Work task |
Look through the data below for the string "abbrev", and copy every line where it turns up.

Records shown |
....

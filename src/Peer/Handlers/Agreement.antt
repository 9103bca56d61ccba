-- ===== src/Peer/Handlers/Agreement.antt =====
-- The two ends of a handshake decide alike whether its connection is the one to keep.
use native.Mathlib.Decide.{dec_lt}
use salticidae.Base.{
  ℕ, ◌≤◌, ◌<◌, ◌≡◌, refl, ◌⊎◌, inl, inr, true, false, List, [], ◌∷◌, ◌++◌, none, some, ◌==◌, ltb,
  lt→ltb, ltb-false, Exception, Bool-cases, if◌then◌else◌, arith,
}
use salticidae.NetAddr.{is_null, is_eq}
use salticidae.Peer.{
  active, passive, Peer, disconnected, Ping, pong, Config, State, Outcome, done, throws, aborts,
  Effect, terminates, sends, fails,
}
use salticidae.Peer.Store.{update, caught}
use salticidae.Peer.Session.{get_peer_id, reset_ping_timer}
use salticidae.Peer.Session.Nonces.{nonce_of, with_peer, get_nonce-done}
use salticidae.Peer.Session.Establishment.{==-self, Establishes, finish_handshake_lem}
use salticidae.Peer.Handlers.{
  ping_handler, pong_handler, greeted, inbound, answer, own_addr, drop_stale, answered, outbound,
  accept,
}

-- The handler returns, the connection `c` is being terminated, and the Peer `q` is not connected.
abbrev pub Declines : ℕ → ℕ → Outcome (Unit {0}) → Type 0
Declines q c (done u t) =
    (r : Peer) × (before : List Effect) × (t.peers q ≡ some r)
    × (r.state ≡ disconnected)
    × (t.log ≡ before ++ (terminates c ∷ []))
Declines q c (throws e t) = ⊥
Declines q c aborts = ⊥

-- A handshake ping `m` reaches the passive connection `c` of a known Peer that is disconnected, has an
-- address and no other inbound connection, and will answer with the nonce `b`.
pub record IsGreeted (config : Config) (m : Ping) (q c b : ℕ) (p : Peer) (s : State) : Type 0 where
  pub alive : (s.conns c).terminated ≡ false
  pub is_passive : (s.conns c).mode ≡ passive
  pub is_handshake : is_null m.claimed_addr ≡ false
  pub has_nonce : (m.nonce == 0) ≡ false
  pub known : s.known_peers (get_peer_id config (s.conns c).cert m.claimed_addr) ≡ some q
  pub stored : s.peers q ≡ some p
  pub is_disconnected : p.state ≡ disconnected
  pub nonce : nonce_of config p ≡ some b
  pub has_addr : is_null p.addr ≡ false
  pub no_inbound : p.inbound_conn ≡ none
  pub over : (s.conns p.conn).terminated ≡ true

-- The Peer that has chosen the inbound connection `c`.
abbrev picked : ℕ → ℕ → Peer → Peer
picked c b p = record p { nonce = b; chosen_conn = some c; inbound_conn = some c }

caught-Establishes :
    (f : Exception → Effect) (q c : ℕ) (o : Outcome (Unit {0}))
    → Establishes q c o
    → Establishes q c (caught f o)
caught-Establishes f q c (done u t) h = h
caught-Establishes f q c (throws e t) h = absurd h
caught-Establishes f q c aborts h = absurd h

-- The ping is accepted if the nonce in it is less than the one that is answered.
pub answers_lem :
    (config : Config) (m : Ping) (q c b : ℕ) (p : Peer) (s : State)
    → IsGreeted config m q c b p s
    → if ltb m.nonce b
      then Establishes q c (ping_handler config (some m) c s)
      else Declines q c (ping_handler config (some m) c s)
unfolding ping_handler greeted inbound answer drop_stale own_addr
answers_lem config m q c b p s h = elim (Bool-cases (ltb m.nonce b)) [
  | inl less ↦
      rw
        (
          less, h.alive, h.is_handshake, h.is_passive, h.known, h.has_nonce, h.stored,
          h.is_disconnected,
        )
        (rw
          (get_nonce-done config q b p s h.stored h.nonce, h.no_inbound, ==-self q, less, ==-self q)
          (caught-Establishes (λ x. fails x) q c _
            (finish_handshake_lem q c
              (record s {
                peers = update q (some (picked c b p)) (
                    update q (some (record p { nonce = b; inbound_conn = some c }))
                      (with_peer q (record p { nonce = b; inbound_conn = none }) s).peers);
                log =
                    s.log
                    ++ (sends c (pong (some (record { claimed_addr = s.listen_addr; nonce = b })))
                        ∷ []);
              })
              (picked c b p) (rw (==-self q) refl) h.is_disconnected refl h.over)))
  | inr more ↦
      rw
        (
          more, h.alive, h.is_handshake, h.is_passive, h.known, h.has_nonce, h.stored,
          h.is_disconnected,
        )
        (rw
          (
            get_nonce-done config q b p s h.stored h.nonce,
            h.no_inbound,
            ==-self q,
            more,
            h.has_addr,
          )
          (
            record p { nonce = b; inbound_conn = some c },
            s.log
                ++ (sends c (pong (some (record { claimed_addr = s.listen_addr; nonce = b })))
                    ∷ []),
            rw (==-self q) refl,
            h.is_disconnected,
            refl,
          ))
]

-- A handshake pong `m` reaches the active connection `c` of a known Peer that is disconnected, has its
-- address and no other outbound connection, and whose own nonce is `a`.
pub record IsAnswered (config : Config) (m : Ping) (q c a : ℕ) (p : Peer) (s : State) : Type 0 where
  pub alive : (s.conns c).terminated ≡ false
  pub is_active : (s.conns c).mode ≡ active
  pub is_handshake : is_null m.claimed_addr ≡ false
  pub known : s.known_peers (get_peer_id config (s.conns c).cert (s.conns c).addr) ≡ some q
  pub stored : s.peers q ≡ some p
  pub is_disconnected : p.state ≡ disconnected
  pub nonce : nonce_of config p ≡ some a
  pub has_addr : is_null p.addr ≡ false
  pub connects_to : is_eq p.addr (s.conns c).addr ≡ true
  pub claims : is_eq p.addr m.claimed_addr ≡ true
  pub started : p.outbound_conn ≡ some c
  pub over : (s.conns p.conn).terminated ≡ true

-- The Peer that has chosen the outbound connection `c`.
abbrev taken : ℕ → ℕ → Peer → Peer
taken c a p = record p { nonce = a; chosen_conn = some c; outbound_conn = some c }

-- The pong is accepted if the nonce in it is greater than the own one.
pub accepts_lem :
    (config : Config) (m : Ping) (q c a : ℕ) (p : Peer) (s : State)
    → IsAnswered config m q c a p s
    → if ltb a m.nonce
      then Establishes q c (pong_handler config (some m) c s)
      else Declines q c (pong_handler config (some m) c s)
unfolding pong_handler answered outbound accept drop_stale reset_ping_timer
accepts_lem config m q c a p s h =
    let opened =
      get_nonce-done config q a (record p { outbound_conn = some c })
        (with_peer q (record p { outbound_conn = some c }) s) (rw (==-self q) refl) h.nonce in
    elim (Bool-cases (ltb a m.nonce)) [
      | inl less ↦
          rw
            (
              less,
              h.alive,
              h.is_handshake,
              h.is_active,
              h.known,
              h.stored,
              h.has_addr,
              h.connects_to,
              h.is_disconnected,
              h.claims,
              h.started,
              ==-self c,
            )
            (rw (h.stored, opened, less, ==-self q, ==-self q)
              (caught-Establishes (λ x. fails x) q c _
                (finish_handshake_lem q c
                  (with_peer q (record (taken c a p) { ping_timer_armed = true })
                    (with_peer q (taken c a p) (
                      with_peer q (record p { nonce = a; outbound_conn = some c })
                        (with_peer q (record p { outbound_conn = some c }) s))))
                  (record (taken c a p) { ping_timer_armed = true }) (rw (==-self q) refl)
                  h.is_disconnected refl h.over)))
      | inr more ↦
          rw
            (
              more,
              h.alive,
              h.is_handshake,
              h.is_active,
              h.known,
              h.stored,
              h.has_addr,
              h.connects_to,
              h.is_disconnected,
              h.claims,
              h.started,
              ==-self c,
            )
            (rw (h.stored, opened, more)
              (
                record p { nonce = a; outbound_conn = some c },
                s.log,
                rw (==-self q) refl,
                h.is_disconnected,
                refl,
              ))
    ]

-- A handshake ends alike at both ends. The ping carries the nonce of the end that has connected, the
-- pong the nonce of the end that was connected to; each end knows the other, is disconnected from it
-- and has no other connection in the same direction, both connections are alive, and the old session of
-- each is over. The conditions include that the ping has a nonce other than 0; that the end that was connected
-- to has an address for its peer, without which it keeps the connection whatever the nonces are; and that the
-- end that has connected did so to the address that it has for its peer and that the pong claims. If the nonce
-- of the ping is less than that of the pong, both establish this connection, and else both terminate it.
pub handshake_agrees :
    (config_a config_b : Config) (sent replied : Ping) (qa ca qb cb : ℕ) (pa pb : Peer)
    (sa sb : State)
    → IsGreeted config_b sent qb cb replied.nonce pb sb
    → IsAnswered config_a replied qa ca sent.nonce pa sa
    → ((sent.nonce < replied.nonce)
        × Establishes qb cb (ping_handler config_b (some sent) cb sb)
        × Establishes qa ca (pong_handler config_a (some replied) ca sa))
      ⊎ ((replied.nonce ≤ sent.nonce)
          × Declines qb cb (ping_handler config_b (some sent) cb sb)
          × Declines qa ca (pong_handler config_a (some replied) ca sa))
handshake_agrees config_a config_b sent replied qa ca qb cb pa pb sa sb g w =
    let greeted = answers_lem config_b sent qb cb replied.nonce pb sb g in
    let answered = accepts_lem config_a replied qa ca sent.nonce pa sa w in
    elim (dec_lt sent.nonce replied.nonce) [
      | yes less ↦
          let t = lt→ltb sent.nonce replied.nonce less in
          inl (less, rw t at greeted, rw t at answered)
      | no more ↦
          let f = ltb-false sent.nonce replied.nonce (omega arith) in
          inr (omega arith, rw f at greeted, rw f at answered)
    ]
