-- ===== src/Peer/Handlers/Teardown.antt =====
-- What the loss of a peer's connection leaves behind.
use salticidae.Base.{
  ℕ, ◌≡◌, refl, inl, inr, true, false, none, some, dec_pos, is_nonzero, Bool-cases, ◌&&◌,
  if◌then◌else◌,
}
use salticidae.Peer.{
  passive_nonce, Peer, disconnected, armed, Delay, State, Outcome, done, throws, aborts,
}
use salticidae.Peer.Session.{add_retry, is_set, is_disconnected}
use salticidae.Peer.Session.Establishment.{==-self}
use salticidae.Peer.Handlers.{on_dispatcher_teardown, teardown, ended, lost, is_active}

-- The Peer after the loss: disconnected, with one try less; it waits for its next try, or is passive.
abbrev pub Loses : ℕ → Peer → Outcome (Unit {0}) → Type 0
Loses q p (done u t) =
    (r : Peer) × (t.peers q ≡ some r)
    × (r.state ≡ disconnected)
    × (r.outbound_conn ≡ none)
    × (r.inbound_conn ≡ none)
    × (r.cur_ntry ≡ dec_pos p.cur_ntry)
    × (if is_nonzero (dec_pos p.cur_ntry)
        then (r.nonce ≡ 0) × (r.retry_timer ≡ armed Delay.random)
        else (r.nonce ≡ passive_nonce) × (r.retry_timer ≡ p.retry_timer))
Loses q p (throws e t) = ⊥
Loses q p aborts = ⊥

-- The connection `c` of a Peer that has a session by it, or had one until `conn_peer` reset it, is
-- lost while no ping waits.
pub record IsLost (q c : ℕ) (p : Peer) (s : State) : Type 0 where
  pub linked : (s.conns c).peer ≡ some q
  pub automatic : (is_active (s.conns c).mode && (s.conns c).manual) ≡ false
  pub stored : s.peers q ≡ some p
  pub had_session : is_disconnected p.state ≡ false
  pub carries : p.conn ≡ c
  pub no_ping : p.inbound_preempt_ping ≡ none
  pub timer_set : is_set p.retry_timer ≡ true

abbrev left_by : ℕ → Peer → Peer
left_by c p = record p {
  conn = c;
  cur_ntry = dec_pos p.cur_ntry;
  inbound_conn = none;
  outbound_conn = none;
  ping_timer_armed = false;
  inbound_preempt_ping = none;
  state = disconnected;
}

-- A connection is lost by which its Peer had a session, which `conn_peer` may have asked to reset. It was not made by
-- `connect`, no deferred ping waits at the Peer, and its retry timer has been set. Then the Peer is disconnected,
-- without handshake connections and with one try less. If a try is left, it is delayed, also after a reset;
-- else the Peer becomes passive.
pub teardown_lem :
    (q c : ℕ) (p : Peer) (s : State) → IsLost q c p s → Loses q p (on_dispatcher_teardown c s)
unfolding on_dispatcher_teardown teardown ended lost add_retry
teardown_lem q c p s h = elim (Bool-cases (is_nonzero (dec_pos p.cur_ntry))) [
  | inl more ↦
      rw (h.linked, h.automatic, h.stored, h.had_session, h.carries, ==-self c, h.no_ping)
        (rw (==-self q, ==-self q, more, ==-self q, h.timer_set)
          (
            record (left_by c p) { nonce = 0; retry_timer = armed Delay.random },
            rw (==-self q) refl,
            refl,
            refl,
            refl,
            refl,
            rw more (refl, refl),
          ))
  | inr last ↦
      rw (h.linked, h.automatic, h.stored, h.had_session, h.carries, ==-self c, h.no_ping)
        (rw (==-self q, ==-self q, last)
          (
            record (left_by c p) { nonce = passive_nonce },
            rw (==-self q) refl,
            refl,
            refl,
            refl,
            refl,
            rw last (refl, refl),
          ))
]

....

Task output |
abbrev pub Declines : ℕ → ℕ → Outcome (Unit {0}) → Type 0
abbrev picked : ℕ → ℕ → Peer → Peer
abbrev taken : ℕ → ℕ → Peer → Peer
abbrev pub Loses : ℕ → Peer → Outcome (Unit {0}) → Type 0
abbrev left_by : ℕ → Peer → Peer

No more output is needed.